(Saved data entries)

----

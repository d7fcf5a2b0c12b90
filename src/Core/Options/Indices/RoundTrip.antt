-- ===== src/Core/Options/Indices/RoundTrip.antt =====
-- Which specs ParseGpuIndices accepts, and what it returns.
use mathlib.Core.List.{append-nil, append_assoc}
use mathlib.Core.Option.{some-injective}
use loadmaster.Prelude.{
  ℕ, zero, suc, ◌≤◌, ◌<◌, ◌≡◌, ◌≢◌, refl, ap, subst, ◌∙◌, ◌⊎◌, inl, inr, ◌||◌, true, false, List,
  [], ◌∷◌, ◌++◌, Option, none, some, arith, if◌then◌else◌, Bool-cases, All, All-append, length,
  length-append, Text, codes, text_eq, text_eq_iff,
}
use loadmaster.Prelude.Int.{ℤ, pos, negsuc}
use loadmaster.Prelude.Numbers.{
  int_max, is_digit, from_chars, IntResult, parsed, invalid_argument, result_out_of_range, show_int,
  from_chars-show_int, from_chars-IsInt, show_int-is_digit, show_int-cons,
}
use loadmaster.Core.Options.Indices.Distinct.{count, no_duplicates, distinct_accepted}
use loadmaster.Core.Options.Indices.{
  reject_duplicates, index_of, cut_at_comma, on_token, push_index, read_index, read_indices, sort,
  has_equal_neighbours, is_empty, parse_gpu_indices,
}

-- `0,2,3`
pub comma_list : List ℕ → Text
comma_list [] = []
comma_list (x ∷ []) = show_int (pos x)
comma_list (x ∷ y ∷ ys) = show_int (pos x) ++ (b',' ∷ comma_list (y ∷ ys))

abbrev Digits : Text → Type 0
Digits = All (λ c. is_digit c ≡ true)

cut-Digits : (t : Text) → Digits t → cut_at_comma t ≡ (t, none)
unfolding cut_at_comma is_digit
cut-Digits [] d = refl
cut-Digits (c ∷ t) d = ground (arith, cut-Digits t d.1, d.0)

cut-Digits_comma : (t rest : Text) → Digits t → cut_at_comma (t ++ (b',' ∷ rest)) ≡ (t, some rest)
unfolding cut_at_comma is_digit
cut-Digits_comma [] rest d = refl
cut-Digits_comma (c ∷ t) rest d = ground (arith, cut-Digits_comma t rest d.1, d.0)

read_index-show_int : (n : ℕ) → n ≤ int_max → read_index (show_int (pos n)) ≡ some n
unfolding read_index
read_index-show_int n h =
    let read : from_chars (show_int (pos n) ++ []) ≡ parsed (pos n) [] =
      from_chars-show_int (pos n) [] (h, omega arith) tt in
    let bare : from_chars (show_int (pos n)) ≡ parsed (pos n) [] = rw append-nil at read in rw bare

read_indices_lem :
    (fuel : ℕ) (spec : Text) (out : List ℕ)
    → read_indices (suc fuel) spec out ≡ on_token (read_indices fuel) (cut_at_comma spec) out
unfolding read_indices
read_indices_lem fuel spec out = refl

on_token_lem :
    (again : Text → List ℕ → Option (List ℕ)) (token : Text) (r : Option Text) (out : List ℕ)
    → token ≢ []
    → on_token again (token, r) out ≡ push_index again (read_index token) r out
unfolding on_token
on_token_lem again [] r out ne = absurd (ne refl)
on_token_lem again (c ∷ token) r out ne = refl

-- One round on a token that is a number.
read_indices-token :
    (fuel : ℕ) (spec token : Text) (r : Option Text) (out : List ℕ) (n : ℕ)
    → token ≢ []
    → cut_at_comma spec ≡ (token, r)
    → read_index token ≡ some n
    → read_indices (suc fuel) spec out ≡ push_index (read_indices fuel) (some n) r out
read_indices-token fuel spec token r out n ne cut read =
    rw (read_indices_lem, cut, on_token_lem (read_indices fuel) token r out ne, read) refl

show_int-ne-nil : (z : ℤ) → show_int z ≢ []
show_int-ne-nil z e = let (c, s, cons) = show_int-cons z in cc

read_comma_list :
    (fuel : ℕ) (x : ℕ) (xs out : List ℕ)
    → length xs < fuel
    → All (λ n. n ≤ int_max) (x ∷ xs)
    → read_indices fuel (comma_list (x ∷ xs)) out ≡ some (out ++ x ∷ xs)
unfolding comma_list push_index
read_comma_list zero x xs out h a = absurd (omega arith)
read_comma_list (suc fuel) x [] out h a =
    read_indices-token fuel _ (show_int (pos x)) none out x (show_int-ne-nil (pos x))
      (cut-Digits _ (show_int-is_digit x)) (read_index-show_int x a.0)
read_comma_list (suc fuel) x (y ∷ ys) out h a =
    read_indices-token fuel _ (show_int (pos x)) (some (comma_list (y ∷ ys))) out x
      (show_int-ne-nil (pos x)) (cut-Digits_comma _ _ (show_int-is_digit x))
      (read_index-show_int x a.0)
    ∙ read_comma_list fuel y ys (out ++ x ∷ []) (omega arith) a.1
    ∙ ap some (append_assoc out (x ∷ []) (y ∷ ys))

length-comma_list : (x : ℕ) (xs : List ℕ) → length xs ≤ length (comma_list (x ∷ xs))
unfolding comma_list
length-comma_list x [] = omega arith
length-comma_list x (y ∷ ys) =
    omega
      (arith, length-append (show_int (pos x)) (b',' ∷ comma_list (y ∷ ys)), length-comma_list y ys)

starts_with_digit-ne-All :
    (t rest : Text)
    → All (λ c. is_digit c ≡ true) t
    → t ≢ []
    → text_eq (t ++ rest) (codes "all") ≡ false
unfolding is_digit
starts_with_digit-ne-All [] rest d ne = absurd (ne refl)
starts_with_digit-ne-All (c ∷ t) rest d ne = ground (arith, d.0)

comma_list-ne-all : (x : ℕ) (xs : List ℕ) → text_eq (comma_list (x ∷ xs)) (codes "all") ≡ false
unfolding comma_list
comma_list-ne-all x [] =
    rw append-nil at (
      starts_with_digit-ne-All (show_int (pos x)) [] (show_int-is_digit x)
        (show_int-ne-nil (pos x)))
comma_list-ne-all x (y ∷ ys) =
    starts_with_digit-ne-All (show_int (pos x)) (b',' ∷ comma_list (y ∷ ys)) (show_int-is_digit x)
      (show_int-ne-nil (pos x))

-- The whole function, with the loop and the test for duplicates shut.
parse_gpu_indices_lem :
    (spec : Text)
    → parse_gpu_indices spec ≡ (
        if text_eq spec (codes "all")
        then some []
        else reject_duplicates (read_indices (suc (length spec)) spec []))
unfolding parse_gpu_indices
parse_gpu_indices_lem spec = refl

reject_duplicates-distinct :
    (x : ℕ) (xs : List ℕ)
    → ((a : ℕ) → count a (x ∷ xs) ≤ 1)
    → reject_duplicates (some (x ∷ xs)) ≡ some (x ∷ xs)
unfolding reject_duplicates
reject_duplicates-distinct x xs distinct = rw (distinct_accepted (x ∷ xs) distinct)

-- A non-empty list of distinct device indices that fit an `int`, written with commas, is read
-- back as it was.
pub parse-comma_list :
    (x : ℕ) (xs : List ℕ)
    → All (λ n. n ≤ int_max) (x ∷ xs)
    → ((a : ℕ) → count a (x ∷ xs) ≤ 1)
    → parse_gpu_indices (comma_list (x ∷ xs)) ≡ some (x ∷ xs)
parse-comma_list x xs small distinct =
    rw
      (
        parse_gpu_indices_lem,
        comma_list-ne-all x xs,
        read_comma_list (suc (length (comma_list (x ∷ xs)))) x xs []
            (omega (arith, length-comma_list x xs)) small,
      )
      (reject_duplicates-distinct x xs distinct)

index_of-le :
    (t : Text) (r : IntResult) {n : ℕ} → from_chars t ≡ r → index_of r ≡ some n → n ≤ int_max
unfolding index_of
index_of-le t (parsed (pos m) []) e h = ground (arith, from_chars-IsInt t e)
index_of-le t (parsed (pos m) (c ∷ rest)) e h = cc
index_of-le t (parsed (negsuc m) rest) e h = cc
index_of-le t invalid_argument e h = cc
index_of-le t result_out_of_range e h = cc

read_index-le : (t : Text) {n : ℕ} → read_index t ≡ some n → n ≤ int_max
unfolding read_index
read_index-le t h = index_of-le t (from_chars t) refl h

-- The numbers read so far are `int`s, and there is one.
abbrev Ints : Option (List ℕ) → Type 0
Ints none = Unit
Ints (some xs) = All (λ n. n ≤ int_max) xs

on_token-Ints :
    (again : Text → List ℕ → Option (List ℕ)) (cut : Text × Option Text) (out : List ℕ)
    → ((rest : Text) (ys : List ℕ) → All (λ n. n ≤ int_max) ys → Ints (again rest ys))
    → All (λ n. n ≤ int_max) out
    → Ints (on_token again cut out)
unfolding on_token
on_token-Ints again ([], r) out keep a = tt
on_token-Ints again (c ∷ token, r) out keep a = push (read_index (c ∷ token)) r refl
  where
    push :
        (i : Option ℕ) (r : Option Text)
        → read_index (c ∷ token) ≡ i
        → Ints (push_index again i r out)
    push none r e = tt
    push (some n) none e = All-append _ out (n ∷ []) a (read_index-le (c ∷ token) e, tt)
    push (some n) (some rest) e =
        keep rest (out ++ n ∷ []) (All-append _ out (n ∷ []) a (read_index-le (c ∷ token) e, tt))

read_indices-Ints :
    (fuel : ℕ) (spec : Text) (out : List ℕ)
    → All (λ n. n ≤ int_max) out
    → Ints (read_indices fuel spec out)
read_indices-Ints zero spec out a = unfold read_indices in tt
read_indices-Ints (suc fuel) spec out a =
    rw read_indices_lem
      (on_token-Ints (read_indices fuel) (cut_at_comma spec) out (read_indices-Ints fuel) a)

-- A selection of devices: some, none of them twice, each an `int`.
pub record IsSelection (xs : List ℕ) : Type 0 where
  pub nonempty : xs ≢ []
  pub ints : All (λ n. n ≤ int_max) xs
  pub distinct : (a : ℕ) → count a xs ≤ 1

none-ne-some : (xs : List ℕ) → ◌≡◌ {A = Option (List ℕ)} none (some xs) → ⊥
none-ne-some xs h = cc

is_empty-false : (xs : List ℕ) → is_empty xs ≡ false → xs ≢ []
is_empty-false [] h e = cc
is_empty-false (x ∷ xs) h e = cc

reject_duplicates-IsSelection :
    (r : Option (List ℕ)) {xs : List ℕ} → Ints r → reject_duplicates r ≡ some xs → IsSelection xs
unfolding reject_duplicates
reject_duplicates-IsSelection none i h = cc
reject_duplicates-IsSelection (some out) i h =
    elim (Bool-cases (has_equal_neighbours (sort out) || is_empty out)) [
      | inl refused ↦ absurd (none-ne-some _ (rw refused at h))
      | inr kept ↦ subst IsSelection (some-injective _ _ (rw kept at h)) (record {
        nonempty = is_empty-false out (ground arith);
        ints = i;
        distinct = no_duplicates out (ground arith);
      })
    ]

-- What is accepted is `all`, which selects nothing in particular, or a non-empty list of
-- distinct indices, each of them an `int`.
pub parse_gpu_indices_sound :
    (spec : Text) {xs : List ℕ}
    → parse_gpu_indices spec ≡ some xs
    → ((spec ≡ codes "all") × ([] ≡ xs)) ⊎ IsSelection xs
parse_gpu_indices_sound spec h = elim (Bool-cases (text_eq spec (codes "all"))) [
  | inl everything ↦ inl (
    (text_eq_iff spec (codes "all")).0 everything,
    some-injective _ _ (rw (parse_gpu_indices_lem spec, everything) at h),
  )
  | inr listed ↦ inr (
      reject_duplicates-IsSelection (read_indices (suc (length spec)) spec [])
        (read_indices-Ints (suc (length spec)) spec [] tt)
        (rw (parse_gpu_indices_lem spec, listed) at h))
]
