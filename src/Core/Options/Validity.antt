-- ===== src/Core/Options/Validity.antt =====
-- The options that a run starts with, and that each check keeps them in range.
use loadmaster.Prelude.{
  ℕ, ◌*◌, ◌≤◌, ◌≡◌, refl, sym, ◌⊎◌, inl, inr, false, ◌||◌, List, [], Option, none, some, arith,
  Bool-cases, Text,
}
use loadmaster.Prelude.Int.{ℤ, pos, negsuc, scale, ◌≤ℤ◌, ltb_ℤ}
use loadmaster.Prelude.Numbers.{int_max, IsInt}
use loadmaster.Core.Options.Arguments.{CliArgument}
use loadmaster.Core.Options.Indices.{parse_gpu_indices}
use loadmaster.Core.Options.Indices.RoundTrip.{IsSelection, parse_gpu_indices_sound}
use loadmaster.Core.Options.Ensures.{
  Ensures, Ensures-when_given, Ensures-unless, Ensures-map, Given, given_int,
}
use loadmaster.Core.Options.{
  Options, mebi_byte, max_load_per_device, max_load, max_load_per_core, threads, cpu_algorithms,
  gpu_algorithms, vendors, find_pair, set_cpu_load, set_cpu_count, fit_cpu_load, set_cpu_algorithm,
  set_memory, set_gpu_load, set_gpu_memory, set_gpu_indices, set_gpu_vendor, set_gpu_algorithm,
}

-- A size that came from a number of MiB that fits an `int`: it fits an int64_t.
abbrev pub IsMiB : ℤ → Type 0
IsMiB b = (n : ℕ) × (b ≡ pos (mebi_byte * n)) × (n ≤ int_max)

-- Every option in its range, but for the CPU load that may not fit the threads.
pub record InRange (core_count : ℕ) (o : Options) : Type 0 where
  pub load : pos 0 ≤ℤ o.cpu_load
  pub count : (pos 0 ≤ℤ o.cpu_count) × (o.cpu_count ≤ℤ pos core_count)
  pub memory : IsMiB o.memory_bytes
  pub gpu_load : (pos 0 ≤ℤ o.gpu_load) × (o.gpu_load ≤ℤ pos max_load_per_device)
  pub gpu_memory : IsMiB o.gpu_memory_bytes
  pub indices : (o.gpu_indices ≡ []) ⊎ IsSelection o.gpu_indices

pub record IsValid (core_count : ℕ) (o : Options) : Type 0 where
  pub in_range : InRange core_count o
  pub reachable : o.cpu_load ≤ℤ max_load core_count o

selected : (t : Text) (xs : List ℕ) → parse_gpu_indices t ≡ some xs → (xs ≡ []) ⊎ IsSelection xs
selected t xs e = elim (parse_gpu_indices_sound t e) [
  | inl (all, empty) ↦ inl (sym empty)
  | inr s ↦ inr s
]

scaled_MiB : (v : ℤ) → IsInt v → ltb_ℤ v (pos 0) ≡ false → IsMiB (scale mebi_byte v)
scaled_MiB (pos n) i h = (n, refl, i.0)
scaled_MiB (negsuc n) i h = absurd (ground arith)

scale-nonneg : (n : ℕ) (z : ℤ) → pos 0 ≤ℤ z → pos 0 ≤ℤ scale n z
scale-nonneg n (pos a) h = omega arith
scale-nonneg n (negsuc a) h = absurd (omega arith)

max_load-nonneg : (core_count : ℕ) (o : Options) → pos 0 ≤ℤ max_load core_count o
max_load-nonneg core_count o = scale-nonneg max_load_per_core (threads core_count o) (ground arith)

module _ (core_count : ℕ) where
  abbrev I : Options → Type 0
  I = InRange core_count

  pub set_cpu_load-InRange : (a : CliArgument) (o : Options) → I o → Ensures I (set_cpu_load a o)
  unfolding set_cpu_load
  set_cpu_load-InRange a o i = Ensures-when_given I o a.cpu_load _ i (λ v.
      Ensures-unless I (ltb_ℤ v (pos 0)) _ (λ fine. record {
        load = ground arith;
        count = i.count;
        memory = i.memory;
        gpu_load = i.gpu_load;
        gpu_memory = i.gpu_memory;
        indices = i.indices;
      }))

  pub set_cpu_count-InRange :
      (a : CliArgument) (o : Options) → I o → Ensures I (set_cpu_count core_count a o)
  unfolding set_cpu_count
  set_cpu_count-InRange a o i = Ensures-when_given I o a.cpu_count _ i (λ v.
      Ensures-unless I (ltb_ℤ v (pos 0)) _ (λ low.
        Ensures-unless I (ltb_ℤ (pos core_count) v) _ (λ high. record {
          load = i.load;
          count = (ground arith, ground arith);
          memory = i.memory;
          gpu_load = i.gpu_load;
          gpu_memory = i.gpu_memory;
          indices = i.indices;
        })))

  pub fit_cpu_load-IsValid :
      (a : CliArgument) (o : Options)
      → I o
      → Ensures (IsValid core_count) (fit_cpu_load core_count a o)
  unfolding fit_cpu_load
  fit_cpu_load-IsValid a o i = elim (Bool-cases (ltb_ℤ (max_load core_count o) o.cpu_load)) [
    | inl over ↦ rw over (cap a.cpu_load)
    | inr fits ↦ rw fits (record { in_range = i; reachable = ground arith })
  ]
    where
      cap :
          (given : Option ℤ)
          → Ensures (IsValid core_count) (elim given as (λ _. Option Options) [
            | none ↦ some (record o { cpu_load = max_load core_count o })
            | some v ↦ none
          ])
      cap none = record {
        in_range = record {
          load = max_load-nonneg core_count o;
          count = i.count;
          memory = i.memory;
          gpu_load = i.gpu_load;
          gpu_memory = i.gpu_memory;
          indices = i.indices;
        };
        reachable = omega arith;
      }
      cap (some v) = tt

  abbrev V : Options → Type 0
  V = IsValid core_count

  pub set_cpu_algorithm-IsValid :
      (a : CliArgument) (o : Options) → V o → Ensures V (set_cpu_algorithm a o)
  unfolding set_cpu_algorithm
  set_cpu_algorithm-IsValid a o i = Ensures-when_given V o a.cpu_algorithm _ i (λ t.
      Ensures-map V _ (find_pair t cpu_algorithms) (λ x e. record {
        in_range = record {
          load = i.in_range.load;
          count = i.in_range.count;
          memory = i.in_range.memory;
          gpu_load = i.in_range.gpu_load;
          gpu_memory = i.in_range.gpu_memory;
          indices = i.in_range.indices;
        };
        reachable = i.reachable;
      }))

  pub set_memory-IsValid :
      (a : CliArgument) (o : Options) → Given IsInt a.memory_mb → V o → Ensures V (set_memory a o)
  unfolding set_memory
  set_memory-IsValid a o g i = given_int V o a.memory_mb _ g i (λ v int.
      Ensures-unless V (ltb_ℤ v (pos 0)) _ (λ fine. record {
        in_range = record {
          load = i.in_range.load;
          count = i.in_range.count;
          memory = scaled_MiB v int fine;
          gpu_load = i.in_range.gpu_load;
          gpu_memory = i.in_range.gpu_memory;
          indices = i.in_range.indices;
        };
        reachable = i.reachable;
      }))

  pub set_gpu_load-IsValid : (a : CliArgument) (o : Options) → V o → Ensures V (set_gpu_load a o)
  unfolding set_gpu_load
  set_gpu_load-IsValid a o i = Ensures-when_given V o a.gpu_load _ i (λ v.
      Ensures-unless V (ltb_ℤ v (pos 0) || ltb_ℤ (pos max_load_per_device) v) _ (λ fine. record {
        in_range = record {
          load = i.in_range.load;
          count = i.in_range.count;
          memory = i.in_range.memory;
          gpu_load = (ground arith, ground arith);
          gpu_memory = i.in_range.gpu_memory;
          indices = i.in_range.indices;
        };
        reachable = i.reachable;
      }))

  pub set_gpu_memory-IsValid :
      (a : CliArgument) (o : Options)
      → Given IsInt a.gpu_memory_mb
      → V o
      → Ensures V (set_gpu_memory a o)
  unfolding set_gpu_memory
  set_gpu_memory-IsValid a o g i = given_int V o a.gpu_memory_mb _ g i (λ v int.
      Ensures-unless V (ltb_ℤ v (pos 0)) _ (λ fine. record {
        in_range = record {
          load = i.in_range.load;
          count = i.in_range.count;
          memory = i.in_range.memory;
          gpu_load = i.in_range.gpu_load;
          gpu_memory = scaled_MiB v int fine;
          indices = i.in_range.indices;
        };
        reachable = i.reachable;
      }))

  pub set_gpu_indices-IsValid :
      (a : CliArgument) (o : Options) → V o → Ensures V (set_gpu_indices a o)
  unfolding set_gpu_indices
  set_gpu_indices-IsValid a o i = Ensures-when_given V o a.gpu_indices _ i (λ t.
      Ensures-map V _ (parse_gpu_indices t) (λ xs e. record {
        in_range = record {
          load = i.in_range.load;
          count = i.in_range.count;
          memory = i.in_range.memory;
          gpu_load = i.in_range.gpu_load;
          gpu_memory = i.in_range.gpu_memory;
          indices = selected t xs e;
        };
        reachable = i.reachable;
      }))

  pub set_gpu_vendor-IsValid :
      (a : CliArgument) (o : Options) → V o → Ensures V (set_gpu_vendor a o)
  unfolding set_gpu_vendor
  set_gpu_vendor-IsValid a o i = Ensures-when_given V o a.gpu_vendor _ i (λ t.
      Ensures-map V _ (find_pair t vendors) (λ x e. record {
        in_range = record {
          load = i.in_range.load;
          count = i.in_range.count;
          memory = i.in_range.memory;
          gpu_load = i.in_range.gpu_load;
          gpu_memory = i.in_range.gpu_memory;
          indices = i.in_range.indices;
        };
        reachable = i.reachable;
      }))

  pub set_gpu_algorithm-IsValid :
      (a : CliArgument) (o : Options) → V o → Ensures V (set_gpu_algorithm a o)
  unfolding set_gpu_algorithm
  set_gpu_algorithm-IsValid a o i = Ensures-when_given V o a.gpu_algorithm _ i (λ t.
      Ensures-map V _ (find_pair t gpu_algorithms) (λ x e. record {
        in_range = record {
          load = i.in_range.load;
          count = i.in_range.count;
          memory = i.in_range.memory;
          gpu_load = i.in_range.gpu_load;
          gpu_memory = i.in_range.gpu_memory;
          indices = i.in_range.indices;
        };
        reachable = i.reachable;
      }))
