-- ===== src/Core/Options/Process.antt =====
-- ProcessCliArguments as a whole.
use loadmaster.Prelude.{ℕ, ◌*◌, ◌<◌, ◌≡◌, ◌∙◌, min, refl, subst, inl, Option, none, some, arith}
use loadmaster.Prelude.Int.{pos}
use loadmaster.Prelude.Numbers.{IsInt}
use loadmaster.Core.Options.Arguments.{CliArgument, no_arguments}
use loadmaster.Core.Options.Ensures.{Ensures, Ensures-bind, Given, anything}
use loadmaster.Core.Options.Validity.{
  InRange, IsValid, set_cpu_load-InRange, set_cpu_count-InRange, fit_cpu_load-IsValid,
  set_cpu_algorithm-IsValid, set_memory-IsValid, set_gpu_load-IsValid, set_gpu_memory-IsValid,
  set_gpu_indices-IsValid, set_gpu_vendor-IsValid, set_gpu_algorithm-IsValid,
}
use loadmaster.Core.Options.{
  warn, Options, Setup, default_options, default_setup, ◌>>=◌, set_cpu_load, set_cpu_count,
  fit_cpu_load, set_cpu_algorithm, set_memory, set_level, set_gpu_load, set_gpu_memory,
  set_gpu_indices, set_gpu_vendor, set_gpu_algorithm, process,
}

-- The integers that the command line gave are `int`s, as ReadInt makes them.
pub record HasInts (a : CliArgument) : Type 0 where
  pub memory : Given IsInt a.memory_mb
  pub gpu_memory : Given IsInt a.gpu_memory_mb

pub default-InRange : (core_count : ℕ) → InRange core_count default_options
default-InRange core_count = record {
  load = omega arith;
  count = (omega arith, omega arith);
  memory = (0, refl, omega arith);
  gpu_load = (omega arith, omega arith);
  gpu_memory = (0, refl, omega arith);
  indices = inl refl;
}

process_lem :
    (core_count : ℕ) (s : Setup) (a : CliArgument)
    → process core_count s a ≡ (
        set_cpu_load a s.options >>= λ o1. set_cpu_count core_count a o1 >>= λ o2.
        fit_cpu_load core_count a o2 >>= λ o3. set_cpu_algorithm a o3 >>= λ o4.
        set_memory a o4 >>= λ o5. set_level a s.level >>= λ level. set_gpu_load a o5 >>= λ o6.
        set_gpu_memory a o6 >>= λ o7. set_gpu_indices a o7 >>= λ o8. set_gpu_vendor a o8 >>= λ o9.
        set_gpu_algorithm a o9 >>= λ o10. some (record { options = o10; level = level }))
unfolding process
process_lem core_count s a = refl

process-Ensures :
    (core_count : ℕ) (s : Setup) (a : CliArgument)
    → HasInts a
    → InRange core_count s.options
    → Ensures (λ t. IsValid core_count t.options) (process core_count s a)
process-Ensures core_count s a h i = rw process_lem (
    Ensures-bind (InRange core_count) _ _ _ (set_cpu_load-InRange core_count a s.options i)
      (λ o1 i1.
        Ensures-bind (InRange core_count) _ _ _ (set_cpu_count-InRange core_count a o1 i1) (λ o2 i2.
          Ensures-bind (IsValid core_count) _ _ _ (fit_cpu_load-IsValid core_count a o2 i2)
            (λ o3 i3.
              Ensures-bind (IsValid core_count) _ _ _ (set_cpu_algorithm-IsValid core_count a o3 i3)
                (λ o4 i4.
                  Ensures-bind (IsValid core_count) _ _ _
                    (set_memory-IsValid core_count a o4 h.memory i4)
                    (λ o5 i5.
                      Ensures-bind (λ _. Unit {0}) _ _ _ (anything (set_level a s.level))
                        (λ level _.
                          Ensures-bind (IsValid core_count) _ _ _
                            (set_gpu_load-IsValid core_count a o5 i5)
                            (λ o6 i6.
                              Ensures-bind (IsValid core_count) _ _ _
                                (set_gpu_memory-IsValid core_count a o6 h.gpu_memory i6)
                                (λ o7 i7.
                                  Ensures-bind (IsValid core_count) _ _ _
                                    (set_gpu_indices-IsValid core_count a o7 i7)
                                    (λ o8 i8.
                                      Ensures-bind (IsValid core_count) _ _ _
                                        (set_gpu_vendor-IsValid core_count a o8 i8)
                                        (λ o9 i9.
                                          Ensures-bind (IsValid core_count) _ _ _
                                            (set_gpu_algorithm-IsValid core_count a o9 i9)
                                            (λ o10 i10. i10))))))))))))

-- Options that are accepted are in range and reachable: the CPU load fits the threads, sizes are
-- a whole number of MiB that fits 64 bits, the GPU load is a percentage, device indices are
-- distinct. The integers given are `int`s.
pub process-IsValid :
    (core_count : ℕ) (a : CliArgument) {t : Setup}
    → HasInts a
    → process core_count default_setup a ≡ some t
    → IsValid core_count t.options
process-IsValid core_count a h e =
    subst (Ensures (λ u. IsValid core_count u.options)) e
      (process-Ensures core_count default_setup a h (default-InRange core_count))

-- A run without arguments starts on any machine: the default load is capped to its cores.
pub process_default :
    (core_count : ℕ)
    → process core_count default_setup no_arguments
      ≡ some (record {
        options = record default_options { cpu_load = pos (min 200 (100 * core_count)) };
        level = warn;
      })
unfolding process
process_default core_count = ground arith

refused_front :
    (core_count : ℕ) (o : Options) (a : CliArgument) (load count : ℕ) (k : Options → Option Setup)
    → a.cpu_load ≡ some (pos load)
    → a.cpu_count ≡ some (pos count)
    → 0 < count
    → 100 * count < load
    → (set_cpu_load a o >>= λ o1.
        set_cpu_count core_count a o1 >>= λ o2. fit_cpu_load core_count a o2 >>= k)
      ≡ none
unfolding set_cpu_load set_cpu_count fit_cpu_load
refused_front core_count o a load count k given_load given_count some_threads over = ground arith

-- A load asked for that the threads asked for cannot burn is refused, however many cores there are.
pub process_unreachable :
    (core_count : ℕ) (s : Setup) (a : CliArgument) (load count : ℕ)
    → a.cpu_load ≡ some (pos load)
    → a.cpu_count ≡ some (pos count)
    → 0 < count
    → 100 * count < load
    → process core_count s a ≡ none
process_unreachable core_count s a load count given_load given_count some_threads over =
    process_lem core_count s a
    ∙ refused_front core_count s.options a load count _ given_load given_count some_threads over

----

Check each line of the entries above for the string "mathlib", and return those that contain it.

(Output of the exercise)
use mathlib.Core.List.{append-nil, append_assoc}
use mathlib.Core.Option.{some-injective}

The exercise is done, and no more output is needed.